Q4) whether any member state has requested from you audits about your operations in North Korea, Uzbekistan, Myanmar, Zimbabwe, Iran, Turkmenistan or Sudan and, separately, whether you have provided copies of such audits;

A: UNICEF has not received any formal requests for audits from member states.  The US delegation, however, has raised the general issue of internal audits at the last UNICEF Executive Board.

Q5) please provide your policy on disclosing "internal" audits, to member states and, separately, to the press and public.

A: UNICEF's internal audits are used as a management tool to evaluate trends in program performance. They are shared with our external auditors and are not otherwise made available.  The external audits of UNICEF are public and are presented to the General Assembly. 

Q6)  We would appreciate descriptions of UNICEF's programs in North Korea and, on a less tight deadline, the other above-named countries, including who benefits or is protected, how funds are raised and from which member states or other donors, and any comment UNICEF has on the need for its services in countries like North Korea, the issues that arise and UNICEF's thinking on how to evaluation and address these issues.

DPRK -- UNICEF's programs in DPRK focus on health and nutrition and water and sanitation, as well as education for children.  In 2006, UNICEF received $5.2 million in funds toward these humanitarian programs, or 54 percent of its appeal for $11.2 million (as of Dec. 7, 2006 and from donor update at www.unicef.org). These contributions came from the governments of Australia, Ireland, New Zealand, Norway, the Republic of Korea and Sweden; the French and German national committees; and the non-governmental organization CARITAS Hong Kong.

Because few international organizations operate within DPRK, UNICEF is one of the few outside agencies working on the ground and advocating on behalf of children.  DPRK has been hit by famine and floods in recent years.
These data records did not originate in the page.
-- ===== src/Request/Header.antt =====
-- `ParseRequestHeaderLine` of lmd/request.go.
use lmd.Prelude.{
  Bool, true, false, none, some, List, [], ◌∷◌, Bytes, codes, equal, Result, ok, err, ◌>>=◌,
  if◌then◌else◌,
}
use lmd.Prelude.Int.{ℤ, pos, leb_ℤ}
use lmd.Runtime.{Go}
use lmd.BadRequest.{
  Failure, bad, bad_header_line, unrecognized_header, header_not_positive,
  unrecognized_response_format, unrecognized_output_format, not_on_or_off,
}
use lmd.Objects.{ObjectsType}
use lmd.Text.{split_n, split, to_lower}
use lmd.Text.Decimal.{atoi}
use lmd.Filter.{Filter}
use lmd.Filter.Parse.{parse_filter, parse_stats, parse_filter_op, count_last}
use lmd.Request.{Request}
use lmd.Request.Sort.{parse_sort_header}

-- the cases of the switch
pub data Keyword : Type 0 where
  filter and or stats stats_and stats_or sort limit offset backends columns : Keyword
  response_header output_format wait_timeout wait_trigger wait_object wait_condition : Keyword
  keep_alive unrecognized : Keyword

unfoldable pub keyword : Bytes → Keyword
keyword s =
    if equal s (codes "filter")
    then filter
    else if equal s (codes "and")
    then and
    else if equal s (codes "or")
    then or
    else if equal s (codes "stats")
    then stats
    else if equal s (codes "statsand")
    then stats_and
    else if equal s (codes "statsor")
    then stats_or
    else if equal s (codes "sort")
    then sort
    else if equal s (codes "limit")
    then limit
    else if equal s (codes "offset")
    then offset
    else if equal s (codes "backends")
    then backends
    else if equal s (codes "columns")
    then columns
    else if equal s (codes "responseheader")
    then response_header
    else if equal s (codes "outputformat")
    then output_format
    else if equal s (codes "waittimeout")
    then wait_timeout
    else if equal s (codes "waittrigger")
    then wait_trigger
    else if equal s (codes "waitobject")
    then wait_object
    else if equal s (codes "waitcondition")
    then wait_condition
    else if equal s (codes "keepalive")
    then keep_alive
    else unrecognized

-- the header, the value and the least value
unfoldable pub parse_int_header : Bytes → Bytes → ℤ → Result Failure ℤ
parse_int_header header value min_value = elim (atoi value) [
  | none ↦ err (bad (header_not_positive header))
  | some i ↦ if leb_ℤ min_value i then ok i else err (bad (header_not_positive header))
]

unfoldable pub parse_response_header : Bytes → Result Failure Bool
parse_response_header value =
    if equal value (codes "fixed16") then ok true else err (bad unrecognized_response_format)

unfoldable pub parse_output_format : Bytes → Result Failure Bytes
parse_output_format value =
    if equal value (codes "wrapped_json")
    then ok value
    else if equal value (codes "json")
    then ok value
    else err (bad unrecognized_output_format)

-- the line and the value
unfoldable pub parse_on_off : Bytes → Bytes → Result Failure Bool
parse_on_off line value =
    if equal value (codes "on")
    then ok true
    else if equal value (codes "off")
    then ok false
    else err (bad (not_on_or_off line))

module _ (go : Go) where
  -- the operator, the value, the line and the stack
  unfoldable pub parse_stats_op :
      Bytes → Bytes → Bytes → List (Filter go) → Result Failure (List (Filter go))
  unfolding parse_filter_op count_last
  parse_stats_op op value line stack = do
    grouped ← parse_filter_op go op value line stack
    count_last go grouped

  module _ (o : ObjectsType) (line : Bytes) where
    -- the keyword as it stands in the line, in lower case, and the value
    unfoldable pub header_case : Keyword → Bytes → Bytes → Request go → Result Failure (Request go)
    header_case filter header value req = do
      fs ← parse_filter go o value line req.table req.filter
      ok (record req { filter = fs })
    header_case and header value req = do
      fs ← parse_filter_op go header value line req.filter
      ok (record req { filter = fs })
    header_case or header value req = do
      fs ← parse_filter_op go header value line req.filter
      ok (record req { filter = fs })
    header_case stats header value req = do
      fs ← parse_stats go o value line req.table req.stats
      ok (record req { stats = fs })
    header_case stats_and header value req = do
      fs ← parse_stats_op (codes "and") value line req.stats
      ok (record req { stats = fs })
    header_case stats_or header value req = do
      fs ← parse_stats_op (codes "or") value line req.stats
      ok (record req { stats = fs })
    header_case sort header value req = do
      s ← parse_sort_header req.sort value
      ok (record req { sort = s })
    header_case limit header value req = do
      i ← parse_int_header header value (pos 1)
      ok (record req { limit = i })
    header_case offset header value req = do
      i ← parse_int_header header value (pos 0)
      ok (record req { offset = i })
    header_case backends header value req = ok (record req { backends = split value b' ' })
    header_case columns header value req = ok (record req { columns = split value b' ' })
    header_case response_header header value req = do
      b ← parse_response_header value
      ok (record req { response_fixed16 = b })
    header_case output_format header value req = do
      f ← parse_output_format value
      ok (record req { output_format = f })
    header_case wait_timeout header value req = do
      i ← parse_int_header header value (pos 1)
      ok (record req { wait_timeout = i })
    header_case wait_trigger header value req = ok (record req { wait_trigger = value })
    header_case wait_object header value req = ok (record req { wait_object = value })
    header_case wait_condition header value req = do
      fs ← parse_filter go o value line req.table req.wait_condition
      ok (record req { wait_condition = fs })
    header_case keep_alive header value req = do
      b ← parse_on_off line value
      ok (record req { keep_alive = b })
    header_case unrecognized header value req = err (bad (unrecognized_header line))

    abbrev pub header_parts : List Bytes → Request go → Result Failure (Request go)
    header_parts (name ∷ value ∷ []) req =
        header_case (keyword (to_lower name)) (to_lower name) value req
    header_parts _ req = err (bad (bad_header_line line))

    unfoldable pub parse_request_header_line : Request go → Result Failure (Request go)
    unfolding header_case
    parse_request_header_line req = header_parts (split_n line (codes ": ") 2) req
Children are the most vulnerable because they and their mothers are most susceptible to malnutrition.

UNICEF programs are making a difference, and we can see the results in the lives of children. Women are receiving essential vitamins before and during pregnancy. Children receive de-worming tablets and vitamin-A supplementation. UNICEF has provided supplies to support the immunization of children in 4,300 villages. Midwifery and emergency obstetric care kits have been distributed in rural clinics and hospitals, respectively.
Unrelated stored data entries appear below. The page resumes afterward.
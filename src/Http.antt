-- ===== src/Http.antt =====
-- Requests as data: `parseRequestDataToRequest` and `parseHTTPFilterRequestData` of lmd/http.go, and
-- `buildDistributedRequestData` of lmd/request.go, by which the nodes of a cluster ask one another.
pub mod Filters
mod Json
mod Sorts
mod Sent
mod Delegated
mod Query
mod Tests
use lmd.Prelude.{
  is_nil, Bool, true, false, ◌&&◌, ◌||◌, not, Option, none, some, List, [], ◌∷◌, ◌++◌, Bytes, codes,
  Result, ok, err, ◌>>=◌, if◌then◌else◌,
}
use lmd.Prelude.Int.{ℤ, pos, eqb_ℤ, ◌+ℤ◌}
use lmd.Prelude.Dict.{Dict, lookup}
use lmd.Runtime.{Go, Panic, raised, type_assertion}
use lmd.Runtime.Dynamic.{
  Value, Values, null, bool, float, int, str, list, dict, nil, cons, to_list, of_list,
}
use lmd.BadRequest.{Failure, panicked}
use lmd.Objects.{ObjectsType}
use lmd.Text.{split, trim_space}
use lmd.Filter.{Filter}
use lmd.Filter.Print.{print_filter}
use lmd.Request.{Request, no_request, SortDirection, asc, desc, SortField}
use lmd.Request.Sort.{parse_sort_header}
use lmd.Request.Header.{parse_request_header_line, parse_output_format}

-- a map of request data
module _ (go : Go) where
  open go use {Float, of_int, to_int}

  abbrev pub RequestData : Type 0
  RequestData = Dict (Value Float)

  abbrev fault {ℓ} : {A : Type ℓ} → Result Failure A
  fault = err (panicked type_assertion)

  -- .(string), .(bool), .(float64) and .([]interface{})
  abbrev pub as_string : Value Float → Result Failure Bytes
  as_string (str s) = ok s
  as_string _ = fault

  abbrev as_bool : Value Float → Result Failure Bool
  as_bool (bool b) = ok b
  as_bool _ = fault

  abbrev as_int : Value Float → Result Failure ℤ
  as_int (float f) = ok (to_int f)
  as_int _ = fault

  abbrev as_list : Value Float → Result Failure (List (Value Float))
  as_list (list vs) = ok (to_list vs)
  as_list _ = fault

  -- a value if the key is there, or else what there was
  abbrev pub if_given {ℓ} :
      {A : Type ℓ} → Bytes → RequestData → A → (Value Float → Result Failure A) → Result Failure A
  if_given key req_data old read = elim (lookup key req_data) [ none ↦ ok old | some v ↦ read v ]

  unfoldable pub strings : List (Value Float) → Result Failure (List Bytes)
  strings [] = ok []
  strings (v ∷ vs) = do s ← as_string v; rest ← strings vs; ok (s ∷ rest)

  -- the lines of a value that is a list of lines
  unfoldable pub prefixed_lines : Bytes → List (Value Float) → Result Failure (List Bytes)
  prefixed_lines prefix [] = ok []
  prefixed_lines prefix (v ∷ vs) = do
    s ← as_string v
    rest ← prefixed_lines prefix vs
    ok ((prefix ++ (codes ": " ++ (s ++ codes "\n"))) ∷ rest)

  unfoldable pub filter_lines : Bytes → Value Float → Result Failure (List Bytes)
  unfolding prefixed_lines to_list
  filter_lines prefix (list vs) = prefixed_lines prefix (to_list vs)
  filter_lines prefix (str s) = ok (split s b'\n')
  filter_lines prefix _ = ok []

  module _ (o : ObjectsType) where
    -- the loop over the lines
    unfoldable pub parse_lines : List Bytes → Request go → Result Failure (Request go)
    parse_lines [] req = ok req
    parse_lines (line ∷ lines) req =
        let rest = parse_lines lines req in
        let parsed = (do
          req' ← parse_request_header_line go o (trim_space line) req
          parse_lines lines req') in
        if is_nil (trim_space line) then rest else parsed

    unfoldable pub parse_http_filter_request_data :
        Request go → Value Float → Bytes → Result Failure (Request go)
    unfolding filter_lines parse_lines
    parse_http_filter_request_data req v prefix = do
      lines ← filter_lines prefix v
      parse_lines lines req

    unfoldable pub parse_sorts :
        List (Value Float) → List SortField → Result Failure (List SortField)
    parse_sorts [] sorts = ok sorts
    parse_sorts (v ∷ vs) sorts = do
      line ← as_string v
      sorts' ← parse_sort_header sorts line
      parse_sorts vs sorts'

    abbrev sort_lines : Value Float → List (Value Float)
    sort_lines (list vs) = to_list vs
    sort_lines _ = []

    -- `SendStatsData`, if there are statistics
    abbrev mark_stats : Request go → Request go
    mark_stats req = record req {
      send_stats_data = if is_nil req.stats then req.send_stats_data else true;
    }

    unfoldable pub parse_request_data_to_request : RequestData → Result Failure (Request go)
    unfolding lookup strings to_list parse_http_filter_request_data parse_sorts
    parse_request_data_to_request req_data = do
      table ← elim (lookup (codes "table") req_data) [ none ↦ fault | some v ↦ as_string v ]
      header ← if_given (codes "sendcolumnsheader") req_data true as_bool
      offset ← if_given (codes "offset") req_data (pos 0) as_int
      limit ← if_given (codes "limit") req_data (pos 0) as_int
      let start = record (no_request go) {
        table = table;
        send_columns_header = header;
        offset = offset;
        limit = limit;
      }
      filtered ←
          if_given (codes "filter") req_data start
            λ v. parse_http_filter_request_data start v (codes "Filter")
      counted ← if_given (codes "stats") req_data filtered λ v. do
        req ← parse_http_filter_request_data filtered v (codes "Stats")
        ok (mark_stats req)
      sort ←
          if_given (codes "sort") req_data counted.sort λ v. parse_sorts (sort_lines v) counted.sort
      columns ← if_given (codes "columns") req_data [] λ v. do vs ← as_list v; strings vs
      format ←
          if_given (codes "outputformat") req_data counted.output_format
            λ v. do s ← as_string v; parse_output_format s
      backends ← if_given (codes "backends") req_data [] λ v. do vs ← as_list v; strings vs
      ok (record counted {
        sort = sort;
        columns = columns;
        output_format = format;
        backends = backends;
      })

  -- a []string, which is null in JSON if it is nil
  abbrev pub text_values : List Bytes → List (Value Float)
  text_values [] = []
  text_values (s ∷ ss) = str s ∷ text_values ss

  abbrev of_strings : List Bytes → Value Float
  of_strings [] = null
  of_strings (s ∷ ss) = list (of_list (text_values (s ∷ ss)))

  abbrev direction_text : SortDirection → Bytes
  direction_text asc = codes "asc"
  direction_text desc = codes "desc"

  -- The `Args` of a sort field are not part of its line.
  abbrev pub sort_texts : List SortField → List Bytes
  sort_texts [] = []
  sort_texts (s ∷ ss) = (s.name ++ b' ' ∷ direction_text s.direction) ∷ sort_texts ss

  unfoldable pub print_all : Bytes → List (Filter go) → Result Panic Bytes
  unfolding print_filter
  print_all prefix [] = ok []
  print_all prefix (f ∷ fs) = do
    first ← print_filter go prefix f
    rest ← print_all prefix fs
    ok (first ++ rest)

  abbrev optional : Bool → Bytes → Value Float → RequestData
  optional given key v = if given then (key, v) ∷ [] else []

  unfoldable pub build_distributed_request_data : List Bytes → Request go → Result Panic RequestData
  unfolding print_all of_list ◌+ℤ◌
  build_distributed_request_data sub_backends req = do
    columns ←
        if is_nil req.columns && is_nil req.stats
        then err raised
        else ok (optional (not (is_nil req.columns)) (codes "columns") (of_strings req.columns))
    filter ← print_all [] req.filter
    stats ← print_all (codes "Stats") req.stats
    ok (
        optional (not (is_nil req.table)) (codes "table") (str req.table)
        ++ ((codes "backends", of_strings sub_backends)
            ∷ (codes "sendcolumnsheader", bool false)
            ∷ (columns
                ++ (optional (not (is_nil req.filter) || not (is_nil req.filter_str))
                      (codes "filter") (str (filter ++ req.filter_str))
                    ++ (optional (not (is_nil req.stats)) (codes "stats") (str stats)
                        ++ (optional (not (eqb_ℤ req.limit (pos 0))) (codes "limit")
                              (int (req.limit +ℤ req.offset))
                            ++ (optional (not (is_nil req.sort)) (codes "sort")
                                  (of_strings (sort_texts req.sort))
                                ++ (codes "outputformat", str (codes "wrapped_json")) ∷ [])))))))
Acute malnutrition among children fell from 16 per cent in 1998 to 7 per cent in 2004, with chronic malnutrition dropping from 62 to 37 per cent and the percentage of underweight children from 60 to 23 per cent for the same period. This upturn followed an increase in infant mortality (from 14 to 23 deaths per 1,000 live births) and under-five mortality (from 27 to 55 deaths per 1,000 live births) from 1993-1998.
 Information on other countries will be sent shortly.

            Six days later, no such information has been sent. Nor have responses been provided to any of these follow-up questions, submitted on January 23:

  Thank you for these answers, and follow-up: WFP makes a distinction that the staff seconded to it by the DPRK's National Coordinating Committee, it pays in Won (to the NCC), while only paying Euros to the drivers and support staff.  Does UNICEF pay Euros even for staff from the NCC? If so, did the NCC / DPKR government demand this? If so, what could explain a similar demand either not being made to, or not being acceded to by, WFP?

  Separately, a source has told us of a $10 million contribution from the South Korean government to UNICEF in mid-2005, to use in North Korea. Can you confirm...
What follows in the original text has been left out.